Information:

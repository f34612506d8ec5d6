-- ===== src/Engine/Runtime/Room.antt =====
-- src/native_dsp_graph.rs: the loops that lie within their storage.
use freewheeling_plus.Prelude.{
  ℕ, ◌+◌, ◌≤◌, ◌≡◌, refl, sym, ap, ◌∙◌, subst, Bool, true, false, All, length, arith,
}
use freewheeling_plus.Prelude.Words.{usize_max}
use freewheeling_plus.Prelude.Floats.{Float32}
use freewheeling_plus.Engine.Blocks.{BlockPool, IsBlock}
use freewheeling_plus.Engine.Loop.{LoopSlot, loop_smooth_frames, stored, capacity, uses_blocks}
use freewheeling_plus.Engine.Loop.Samples.{IsStored}
use freewheeling_plus.Engine.Runtime.{is_recording}
use freewheeling_plus.Engine.Runtime.Recording.{reach}
use freewheeling_plus.Engine.Runtime.Grow.{IsGrown, extend_storage-IsGrown}

-- A loop whose frames lie within its storage; no loop is so long that 64 more frames overflow.
pub record IsRoomy {F : Type 0} (s : LoopSlot F) : Type 0 where
  pub formed : IsStored s
  pub offset_fits : s.data_offset ≤ stored s
  pub fits : s.len ≤ capacity s
  pub short : s.len + loop_smooth_frames ≤ usize_max

-- The same storage, and no more frames in it.
pub record IsKept {F : Type 0} (s t : LoopSlot F) : Type 0 where
  pub left : t.left ≡ s.left
  pub right : t.right ≡ s.right
  pub blocks : t.blocks ≡ s.blocks
  pub data_offset : t.data_offset ≡ s.data_offset
  pub len : t.len ≤ s.len

kept-stored :
    {F : Type 0} (s t : LoopSlot F) → t.blocks ≡ s.blocks → t.left ≡ s.left → stored t ≡ stored s
unfolding stored uses_blocks
kept-stored s t p q = rw p (rw q refl)

pub kept-IsRoomy : {F : Type 0} (s t : LoopSlot F) → IsKept s t → IsRoomy s → IsRoomy t
unfolding capacity
kept-IsRoomy s t k w =
    let room : stored t ≡ stored s = kept-stored s t k.blocks k.left in
    record {
      formed = record {
        blocks_formed = subst (All IsBlock) (sym k.blocks) w.formed.blocks_formed;
        channels = ap length k.left ∙ (w.formed.channels ∙ sym (ap length k.right));
      };
      offset_fits = omega (arith, w.offset_fits, room, k.data_offset);
      fits = omega (arith, w.fits, room, k.data_offset, k.len);
      short = omega (arith, w.short, k.len);
    }

-- What the end of a recording leaves as it was.
pub record IsSame {F : Type 0} (s t : LoopSlot F) : Type 0 where
  pub mode : t.mode ≡ s.mode
  pub position : t.position ≡ s.position
  pub len : t.len ≡ s.len
  pub pulse_synced : t.pulse_synced ≡ s.pulse_synced

module _ (f : Float32) (P : BlockPool f.F) where
  open f use {F}
  open P use {Pool, IsPool, ready, room}

  pub record IsTaken (p : Pool) (s : LoopSlot F) (r : Pool × LoopSlot F) : Type 0 where
    pub pool_valid : IsPool r.0
    pub roomy : IsRoomy r.1
    pub same : IsSame s r.1
    pub untouched : is_recording s.mode ≡ false → r.1 ≡ s
    pub cheap : ready p ≤ ready r.0 + 1
    pub same_room : room r.0 ≡ room p

  pub reach-IsGrown :
      (required : ℕ) (p : Pool) (s : LoopSlot F)
      → IsPool p
      → IsStored s
      → s.data_offset ≤ stored s
      → IsGrown f P required p s (reach f P required p s)
  unfolding reach
  reach-IsGrown required p s v w o =
      extend_storage-IsGrown f P (required + s.data_offset) required p s v w o

  pub unchanged-IsTaken : (p : Pool) (s : LoopSlot F) → IsPool p → IsRoomy s → IsTaken p s (p, s)
  unchanged-IsTaken p s v w = record {
    pool_valid = v;
    roomy = w;
    same = record { mode = refl; position = refl; len = refl; pulse_synced = refl };
    untouched = λ h. refl;
    cheap = omega arith;
    same_room = refl;
  }

  pub grown-IsRoomy :
      (required : ℕ) (p : Pool) (s : LoopSlot F) (r : Pool × LoopSlot F × Bool)
      → IsGrown f P required p s r
      → IsRoomy s
      → IsRoomy r.1
  unfolding capacity
  grown-IsRoomy required p s r g w =
      let offset : r.1.data_offset ≡ s.data_offset =
        ap (λ (x : LoopSlot F). x.data_offset) g.kept in
      let len : r.1.len ≡ s.len = ap (λ (x : LoopSlot F). x.len) g.kept in
      record {
        formed = g.formed;
        offset_fits = omega (arith, offset, w.offset_fits, g.wider);
        fits = omega (arith, offset, len, w.fits, g.wider);
        short = omega (arith, len, w.short);
      }

  -- More storage, and the same frames in it.
  pub grown-IsTaken :
      (required : ℕ) (p : Pool) (s : LoopSlot F) (r : Pool × LoopSlot F × Bool)
      → IsRoomy s
      → is_recording s.mode ≡ true
      → required ≤ s.len + loop_smooth_frames
      → IsGrown f P required p s r
      → IsTaken p s (r.0, r.1)
  unfolding capacity
  grown-IsTaken required p s r w live few g = record {
    pool_valid = g.pool_valid;
    roomy = grown-IsRoomy required p s r g w;
    same = record {
      mode = ap (λ (x : LoopSlot F). x.mode) g.kept;
      position = ap (λ (x : LoopSlot F). x.position) g.kept;
      len = ap (λ (x : LoopSlot F). x.len) g.kept;
      pulse_synced = ap (λ (x : LoopSlot F). x.pulse_synced) g.kept;
    };
    untouched = λ h. absurd cc;
    cheap = g.cheap (omega (arith, few, w.fits));
    same_room = g.same_room;
  }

Work order: Take the data above and return it exactly.

Exercise response:
repository f34612506d8ec5d6
-- ===== src/Engine/Runtime/Room.antt =====
-- src/native_dsp_graph.rs: the loops that lie within their storage.
use freewheeling_plus.Prelude.{
  ℕ, ◌+◌, ◌≤◌, ◌≡◌, refl, sym, ap, ◌∙◌, subst, Bool, true, false, All, length, arith,
}
use freewheeling_plus.Prelude.Words.{usize_max}
use freewheeling_plus.Prelude.Floats.{Float32}
use freewheeling_plus.Engine.Blocks.{BlockPool, IsBlock}
use freewheeling_plus.Engine.Loop.{LoopSlot, loop_smooth_frames, stored, capacity, uses_blocks}
use freewheeling_plus.Engine.Loop.Samples.{IsStored}
use freewheeling_plus.Engine.Runtime.{is_recording}
use freewheeling_plus.Engine.Runtime.Recording.{reach}
use freewheeling_plus.Engine.Runtime.Grow.{IsGrown, extend_storage-IsGrown}

-- A loop whose frames lie within its storage; no loop is so long that 64 more frames overflow.
pub record IsRoomy {F : Type 0} (s : LoopSlot F) : Type 0 where
  pub formed : IsStored s
  pub offset_fits : s.data_offset ≤ stored s
  pub fits : s.len ≤ capacity s
  pub short : s.len + loop_smooth_frames ≤ usize_max

-- The same storage, and no more frames in it.
pub record IsKept {F : Type 0} (s t : LoopSlot F) : Type 0 where
  pub left : t.left ≡ s.left
  pub right : t.right ≡ s.right
  pub blocks : t.blocks ≡ s.blocks
  pub data_offset : t.data_offset ≡ s.data_offset
  pub len : t.len ≤ s.len

kept-stored :
    {F : Type 0} (s t : LoopSlot F) → t.blocks ≡ s.blocks → t.left ≡ s.left → stored t ≡ stored s
unfolding stored uses_blocks
kept-stored s t p q = rw p (rw q refl)

pub kept-IsRoomy : {F : Type 0} (s t : LoopSlot F) → IsKept s t → IsRoomy s → IsRoomy t
unfolding capacity
kept-IsRoomy s t k w =
    let room : stored t ≡ stored s = kept-stored s t k.blocks k.left in
    record {
      formed = record {
        blocks_formed = subst (All IsBlock) (sym k.blocks) w.formed.blocks_formed;
        channels = ap length k.left ∙ (w.formed.channels ∙ sym (ap length k.right));
      };
      offset_fits = omega (arith, w.offset_fits, room, k.data_offset);
      fits = omega (arith, w.fits, room, k.data_offset, k.len);
      short = omega (arith, w.short, k.len);
    }

-- What the end of a recording leaves as it was.
pub record IsSame {F : Type 0} (s t : LoopSlot F) : Type 0 where
  pub mode : t.mode ≡ s.mode
  pub position : t.position ≡ s.position
  pub len : t.len ≡ s.len
  pub pulse_synced : t.pulse_synced ≡ s.pulse_synced

module _ (f : Float32) (P : BlockPool f.F) where
  open f use {F}
  open P use {Pool, IsPool, ready, room}

  pub record IsTaken (p : Pool) (s : LoopSlot F) (r : Pool × LoopSlot F) : Type 0 where
    pub pool_valid : IsPool r.0
    pub roomy : IsRoomy r.1
    pub same : IsSame s r.1
    pub untouched : is_recording s.mode ≡ false → r.1 ≡ s
    pub cheap : ready p ≤ ready r.0 + 1
    pub same_room : room r.0 ≡ room p

  pub reach-IsGrown :
      (required : ℕ) (p : Pool) (s : LoopSlot F)
      → IsPool p
      → IsStored s
      → s.data_offset ≤ stored s
      → IsGrown f P required p s (reach f P required p s)
  unfolding reach
  reach-IsGrown required p s v w o =
      extend_storage-IsGrown f P (required + s.data_offset) required p s v w o

  pub unchanged-IsTaken : (p : Pool) (s : LoopSlot F) → IsPool p → IsRoomy s → IsTaken p s (p, s)
  unchanged-IsTaken p s v w = record {
    pool_valid = v;
    roomy = w;
    same = record { mode = refl; position = refl; len = refl; pulse_synced = refl };
    untouched = λ h. refl;
    cheap = omega arith;
    same_room = refl;
  }

  pub grown-IsRoomy :
      (required : ℕ) (p : Pool) (s : LoopSlot F) (r : Pool × LoopSlot F × Bool)
      → IsGrown f P required p s r
      → IsRoomy s
      → IsRoomy r.1
  unfolding capacity
  grown-IsRoomy required p s r g w =
      let offset : r.1.data_offset ≡ s.data_offset =
        ap (λ (x : LoopSlot F). x.data_offset) g.kept in
      let len : r.1.len ≡ s.len = ap (λ (x : LoopSlot F). x.len) g.kept in
      record {
        formed = g.formed;
        offset_fits = omega (arith, offset, w.offset_fits, g.wider);
        fits = omega (arith, offset, len, w.fits, g.wider);
        short = omega (arith, len, w.short);
      }

  -- More storage, and the same frames in it.
  pub grown-IsTaken :
      (required : ℕ) (p : Pool) (s : LoopSlot F) (r : Pool × LoopSlot F × Bool)
      → IsRoomy s
      → is_recording s.mode ≡ true
      → required ≤ s.len + loop_smooth_frames
      → IsGrown f P required p s r
      → IsTaken p s (r.0, r.1)
  unfolding capacity
  grown-IsTaken required p s r w live few g = record {
    pool_valid = g.pool_valid;
    roomy = grown-IsRoomy required p s r g w;
    same = record {
      mode = ap (λ (x : LoopSlot F). x.mode) g.kept;
      position = ap (λ (x : LoopSlot F). x.position) g.kept;
      len = ap (λ (x : LoopSlot F). x.len) g.kept;
      pulse_synced = ap (λ (x : LoopSlot F). x.pulse_synced) g.kept;
    };
    untouched = λ h. absurd cc;
    cheap = g.cheap (omega (arith, few, w.fits));
    same_room = g.same_room;
  }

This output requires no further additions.